| Task brief |
Your answer should repeat every record verbatim.

| Data under study |
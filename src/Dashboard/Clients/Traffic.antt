-- ===== src/Dashboard/Clients/Traffic.antt =====
-- Panels of the tab "Traffic" of `build_dashboard`, scripts/build_openwrt_clients_dashboard.py.
use openwrt_grafana_monitor.Prelude.{List, [], false, none, pos, some, ◌++◌, ◌∷◌}
use openwrt_grafana_monitor.Text.{codes}
use openwrt_grafana_monitor.Dashboard.Clients.Base.{
  field_override, traffic_accounting_state, traffic_available, traffic_in, traffic_out,
  traffic_service,
}
use openwrt_grafana_monitor.Dashboard.Styles.{blue, green, prom_filter}
use openwrt_grafana_monitor.Dashboard.Json.{dict, lit, str, ◌⇒◌}
use openwrt_grafana_monitor.Dashboard.Queries.{prom_query}
use openwrt_grafana_monitor.Dashboard.Panels.Series.{timeseries}
use openwrt_grafana_monitor.Dashboard.Clients.Mappings.{offload_mappings, traffic_state_mappings}
use openwrt_grafana_monitor.Dashboard.Styles.Mappings.{availability_mappings}
use openwrt_grafana_monitor.Dashboard.Panels.Values.{stat}
use openwrt_grafana_monitor.Dashboard.Builder.{text_panel}
use openwrt_grafana_monitor.Dashboard.Assemble.{Placement, on_grid}

unfoldable pub client_traffic : List Placement
client_traffic =
    on_grid
      (some (
        text_panel (pos 200) [] (
          codes
            "## Per-client traffic\nnlbwmon accounts traffic by MAC and a deliberately small service set. The counters reset at nlbwmon accounting-period rollover, which `rate()` and `increase()` handle normally. Flow offload is a hard correctness guard: when enabled, all traffic values below are suppressed and the accounting state is red.")))
      0 0 24 4
    ∷ on_grid
        (stat (pos 201) (codes "Traffic Accounting State") traffic_accounting_state (codes "none")
          (codes
            "Not collected means nlbwmon is unavailable. Accounting unreliable means software or hardware flow offload is enabled, so traffic panels suppress values rather than showing wrong zeros.")
          [] (codes "ok_bad") (some traffic_state_mappings) false none (codes "value")
          (codes "Unavailable"))
        0 4 8 4
    ∷ on_grid
        (stat (pos 202) (codes "Traffic Collector") traffic_available (codes "none")
          (codes
            "Availability of the nlbwmon textfile collector. A failed schema or unsupported service is fail-closed.")
          [] (codes "unavailable") (some availability_mappings) false none (codes "value")
          (codes "Unavailable"))
        8 4 8 4
    ∷ on_grid
        (stat (pos 203) (codes "Flow Offload")
          (codes "max(openwrt_flow_offload_enabled{" ++ (prom_filter ++ codes "}) or vector(0)"))
          (codes "none")
          (codes
            "Software or hardware flow offload makes conntrack-derived nlbwmon accounting unreliable.")
          [] (codes "ok_bad") (some offload_mappings) false none (codes "value")
          (codes "Unavailable"))
        16 4 8 4
    ∷ on_grid
        (some (
          timeseries (pos 205) (codes "Inbound by Client")
            ((prom_query (codes "topk(12, " ++ (traffic_in ++ codes ")")) (codes "{{mac}}")
                (codes "A") (codes "time_series") false)
              ∷ [])
            (codes "Bps")
            (codes "Per-MAC nlbwmon inbound rate. Suppressed when flow offload is enabled.") false
            (pos 15) (codes "linear")
            (some (
              (field_override (codes "Inbound") (
                (dict (
                  "id" ⇒ (lit "color")
                  ∷ "value" ⇒ (dict ("mode" ⇒ (lit "fixed") ∷ "fixedColor" ⇒ (str green) ∷ []))
                  ∷ []))
                ∷ []))
              ∷ []))
            none none (codes "normal") none))
        0 8 12 8
    ∷ on_grid
        (some (
          timeseries (pos 206) (codes "Outbound by Client")
            ((prom_query (codes "topk(12, " ++ (traffic_out ++ codes ")")) (codes "{{mac}}")
                (codes "A") (codes "time_series") false)
              ∷ [])
            (codes "Bps")
            (codes "Per-MAC nlbwmon outbound rate. Suppressed when flow offload is enabled.") false
            (pos 15) (codes "linear")
            (some (
              (field_override (codes "Outbound") (
                (dict (
                  "id" ⇒ (lit "color")
                  ∷ "value" ⇒ (dict ("mode" ⇒ (lit "fixed") ∷ "fixedColor" ⇒ (str blue) ∷ []))
                  ∷ []))
                ∷ []))
              ∷ []))
            none none (codes "normal") none))
        12 8 12 8
    ∷ on_grid
        (some (
          timeseries (pos 207) (codes "Traffic by Service")
            ((prom_query traffic_service (codes "{{service}} {{direction}}") (codes "A")
                (codes "time_series") false)
              ∷ [])
            (codes "Bps")
            (codes
              "Bounded service buckets from the installed nlbwmon protocol file. Suppressed when flow offload is enabled.")
            false (pos 15) (codes "linear") none none none (codes "normal") none))
        0 16 24 10
    ∷ []
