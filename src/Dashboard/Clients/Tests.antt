-- ===== src/Dashboard/Clients/Tests.antt =====
-- The clients dashboard is put together.
use openwrt_grafana_monitor.Prelude.{List, [], refl, some, true, ◌∷◌, ◌≡◌}
use openwrt_grafana_monitor.Text.{Text, codes, elem, text_eq}
use openwrt_grafana_monitor.Dashboard.Builder.{Builder, empty_builder, text_panel}
use openwrt_grafana_monitor.Dashboard.Panels.Tables.{logs_panel, table}
use openwrt_grafana_monitor.Dashboard.Panels.Series.{timeseries}
use openwrt_grafana_monitor.Dashboard.Panels.Values.{bargauge, loki_stat, stat}
use openwrt_grafana_monitor.Dashboard.Validate.Refs.{keys_of}
use openwrt_grafana_monitor.Dashboard.Assemble.{assemble}
use openwrt_grafana_monitor.Dashboard.Json.{Json}
use openwrt_grafana_monitor.Dashboard.Styles.{threshold_for}
use openwrt_grafana_monitor.Dashboard.Validate.{no_repeat}
use openwrt_grafana_monitor.Dashboard.Panels.Base.{panel, panel_key}
use openwrt_grafana_monitor.Dashboard.Assemble.Total.{assemble-builds, keys_in, panel_keys}
use openwrt_grafana_monitor.Dashboard.Clients.Whole.{contents}
use openwrt_grafana_monitor.Dashboard.Clients.Overview.{client_overview}
use openwrt_grafana_monitor.Dashboard.Clients.Inventory.{client_clients}
use openwrt_grafana_monitor.Dashboard.Clients.Traffic.{client_traffic}
use openwrt_grafana_monitor.Dashboard.Clients.Quality.{client_quality}
use openwrt_grafana_monitor.Dashboard.Clients.Roaming.{client_roaming}

abbrev clients_keys : List Text
clients_keys = panel_keys (
    1 ∷ 2 ∷ 3 ∷ 4 ∷ 5 ∷ 6 ∷ 11 ∷ 7 ∷ 8 ∷ 9 ∷ 10 ∷ 100 ∷ 101 ∷ 102 ∷ 103 ∷ 104 ∷ 105 ∷ 200 ∷ 201
    ∷ 202 ∷ 203 ∷ 205 ∷ 206 ∷ 207 ∷ 300 ∷ 301 ∷ 302 ∷ 303 ∷ 304 ∷ 305 ∷ 306 ∷ 307 ∷ 308 ∷ 309 ∷ 400
    ∷ 401 ∷ 402 ∷ 403 ∷ 404 ∷ [])

contents_keys : keys_in contents ≡ some clients_keys
unfolding keys_in contents codes panel threshold_for text_eq client_overview client_clients
    client_traffic client_quality client_roaming stat loki_stat bargauge timeseries table logs_panel
    text_panel
contents_keys = refl

keys_once : no_repeat clients_keys ≡ true
unfolding elem panel_key codes
keys_once = refl

clients_built :
    (r : Builder × List Json) × (assemble empty_builder [] contents ≡ some r)
    × (keys_of r.0.elements ≡ clients_keys)
clients_built = assemble-builds contents clients_keys contents_keys keys_once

| Answer for this exercise |
filename src/Dashboard/Clients/Traffic.antt
-- ===== src/Dashboard/Clients/Traffic.antt =====
-- Panels of the tab "Traffic" of `build_dashboard`, scripts/build_openwrt_clients_dashboard.py.
use openwrt_grafana_monitor.Prelude.{List, [], false, none, pos, some, ◌++◌, ◌∷◌}
use openwrt_grafana_monitor.Text.{codes}
use openwrt_grafana_monitor.Dashboard.Clients.Base.{
  field_override, traffic_accounting_state, traffic_available, traffic_in, traffic_out,
  traffic_service,
}
use openwrt_grafana_monitor.Dashboard.Styles.{blue, green, prom_filter}
use openwrt_grafana_monitor.Dashboard.Json.{dict, lit, str, ◌⇒◌}
use openwrt_grafana_monitor.Dashboard.Queries.{prom_query}
use openwrt_grafana_monitor.Dashboard.Panels.Series.{timeseries}
use openwrt_grafana_monitor.Dashboard.Clients.Mappings.{offload_mappings, traffic_state_mappings}
use openwrt_grafana_monitor.Dashboard.Styles.Mappings.{availability_mappings}
use openwrt_grafana_monitor.Dashboard.Panels.Values.{stat}
use openwrt_grafana_monitor.Dashboard.Builder.{text_panel}
use openwrt_grafana_monitor.Dashboard.Assemble.{Placement, on_grid}

unfoldable pub client_traffic : List Placement
client_traffic =
    on_grid
      (some (
        text_panel (pos 200) [] (
          codes
            "## Per-client traffic\nnlbwmon accounts traffic by MAC and a deliberately small service set. The counters reset at nlbwmon accounting-period rollover, which `rate()` and `increase()` handle normally. Flow offload is a hard correctness guard: when enabled, all traffic values below are suppressed and the accounting state is red.")))
      0 0 24 4
    ∷ on_grid
        (stat (pos 201) (codes "Traffic Accounting State") traffic_accounting_state (codes "none")
          (codes
            "Not collected means nlbwmon is unavailable. Accounting unreliable means software or hardware flow offload is enabled, so traffic panels suppress values rather than showing wrong zeros.")
          [] (codes "ok_bad") (some traffic_state_mappings) false none (codes "value")
          (codes "Unavailable"))
        0 4 8 4
    ∷ on_grid
        (stat (pos 202) (codes "Traffic Collector") traffic_available (codes "none")
          (codes
            "Availability of the nlbwmon textfile collector. A failed schema or unsupported service is fail-closed.")
          [] (codes "unavailable") (some availability_mappings) false none (codes "value")
          (codes "Unavailable"))
        8 4 8 4
    ∷ on_grid
        (stat (pos 203) (codes "Flow Offload")
          (codes "max(openwrt_flow_offload_enabled{" ++ (prom_filter ++ codes "}) or vector(0)"))
          (codes "none")
          (codes
            "Software or hardware flow offload makes conntrack-derived nlbwmon accounting unreliable.")
          [] (codes "ok_bad") (some offload_mappings) false none (codes "value")
          (codes "Unavailable"))
        16 4 8 4
    ∷ on_grid
        (some (
          timeseries (pos 205) (codes "Inbound by Client")
            ((prom_query (codes "topk(12, " ++ (traffic_in ++ codes ")")) (codes "{{mac}}")
                (codes "A") (codes "time_series") false)
              ∷ [])
            (codes "Bps")
            (codes "Per-MAC nlbwmon inbound rate. Suppressed when flow offload is enabled.") false
            (pos 15) (codes "linear")
            (some (
              (field_override (codes "Inbound") (
                (dict (
                  "id" ⇒ (lit "color")
                  ∷ "value" ⇒ (dict ("mode" ⇒ (lit "fixed") ∷ "fixedColor" ⇒ (str green) ∷ []))
                  ∷ []))
                ∷ []))
              ∷ []))
            none none (codes "normal") none))
        0 8 12 8
    ∷ on_grid
        (some (
          timeseries (pos 206) (codes "Outbound by Client")
            ((prom_query (codes "topk(12, " ++ (traffic_out ++ codes ")")) (codes "{{mac}}")
                (codes "A") (codes "time_series") false)
              ∷ [])
            (codes "Bps")
            (codes "Per-MAC nlbwmon outbound rate. Suppressed when flow offload is enabled.") false
            (pos 15) (codes "linear")
            (some (
              (field_override (codes "Outbound") (
                (dict (
                  "id" ⇒ (lit "color")
                  ∷ "value" ⇒ (dict ("mode" ⇒ (lit "fixed") ∷ "fixedColor" ⇒ (str blue) ∷ []))
                  ∷ []))
                ∷ []))
              ∷ []))
            none none (codes "normal") none))
        12 8 12 8
    ∷ on_grid
        (some (
          timeseries (pos 207) (codes "Traffic by Service")
            ((prom_query traffic_service (codes "{{service}} {{direction}}") (codes "A")
                (codes "time_series") false)
              ∷ [])
            (codes "Bps")
            (codes
              "Bounded service buckets from the installed nlbwmon protocol file. Suppressed when flow offload is enabled.")
            false (pos 15) (codes "linear") none none none (codes "normal") none))
        0 16 24 10
    ∷ []
filename src/Dashboard/Clients/Tests.antt
-- ===== src/Dashboard/Clients/Tests.antt =====
-- The clients dashboard is put together.
use openwrt_grafana_monitor.Prelude.{List, [], refl, some, true, ◌∷◌, ◌≡◌}
use openwrt_grafana_monitor.Text.{Text, codes, elem, text_eq}
use openwrt_grafana_monitor.Dashboard.Builder.{Builder, empty_builder, text_panel}
use openwrt_grafana_monitor.Dashboard.Panels.Tables.{logs_panel, table}
use openwrt_grafana_monitor.Dashboard.Panels.Series.{timeseries}
use openwrt_grafana_monitor.Dashboard.Panels.Values.{bargauge, loki_stat, stat}
use openwrt_grafana_monitor.Dashboard.Validate.Refs.{keys_of}
use openwrt_grafana_monitor.Dashboard.Assemble.{assemble}
use openwrt_grafana_monitor.Dashboard.Json.{Json}
use openwrt_grafana_monitor.Dashboard.Styles.{threshold_for}
use openwrt_grafana_monitor.Dashboard.Validate.{no_repeat}
use openwrt_grafana_monitor.Dashboard.Panels.Base.{panel, panel_key}
use openwrt_grafana_monitor.Dashboard.Assemble.Total.{assemble-builds, keys_in, panel_keys}
use openwrt_grafana_monitor.Dashboard.Clients.Whole.{contents}
use openwrt_grafana_monitor.Dashboard.Clients.Overview.{client_overview}
use openwrt_grafana_monitor.Dashboard.Clients.Inventory.{client_clients}
use openwrt_grafana_monitor.Dashboard.Clients.Traffic.{client_traffic}
use openwrt_grafana_monitor.Dashboard.Clients.Quality.{client_quality}
use openwrt_grafana_monitor.Dashboard.Clients.Roaming.{client_roaming}

abbrev clients_keys : List Text
clients_keys = panel_keys (
    1 ∷ 2 ∷ 3 ∷ 4 ∷ 5 ∷ 6 ∷ 11 ∷ 7 ∷ 8 ∷ 9 ∷ 10 ∷ 100 ∷ 101 ∷ 102 ∷ 103 ∷ 104 ∷ 105 ∷ 200 ∷ 201
    ∷ 202 ∷ 203 ∷ 205 ∷ 206 ∷ 207 ∷ 300 ∷ 301 ∷ 302 ∷ 303 ∷ 304 ∷ 305 ∷ 306 ∷ 307 ∷ 308 ∷ 309 ∷ 400
    ∷ 401 ∷ 402 ∷ 403 ∷ 404 ∷ [])

contents_keys : keys_in contents ≡ some clients_keys
unfolding keys_in contents codes panel threshold_for text_eq client_overview client_clients
    client_traffic client_quality client_roaming stat loki_stat bargauge timeseries table logs_panel
    text_panel
contents_keys = refl

keys_once : no_repeat clients_keys ≡ true
unfolding elem panel_key codes
keys_once = refl

clients_built :
    (r : Builder × List Json) × (assemble empty_builder [] contents ≡ some r)
    × (keys_of r.0.elements ≡ clients_keys)
clients_built = assemble-builds contents clients_keys contents_keys keys_once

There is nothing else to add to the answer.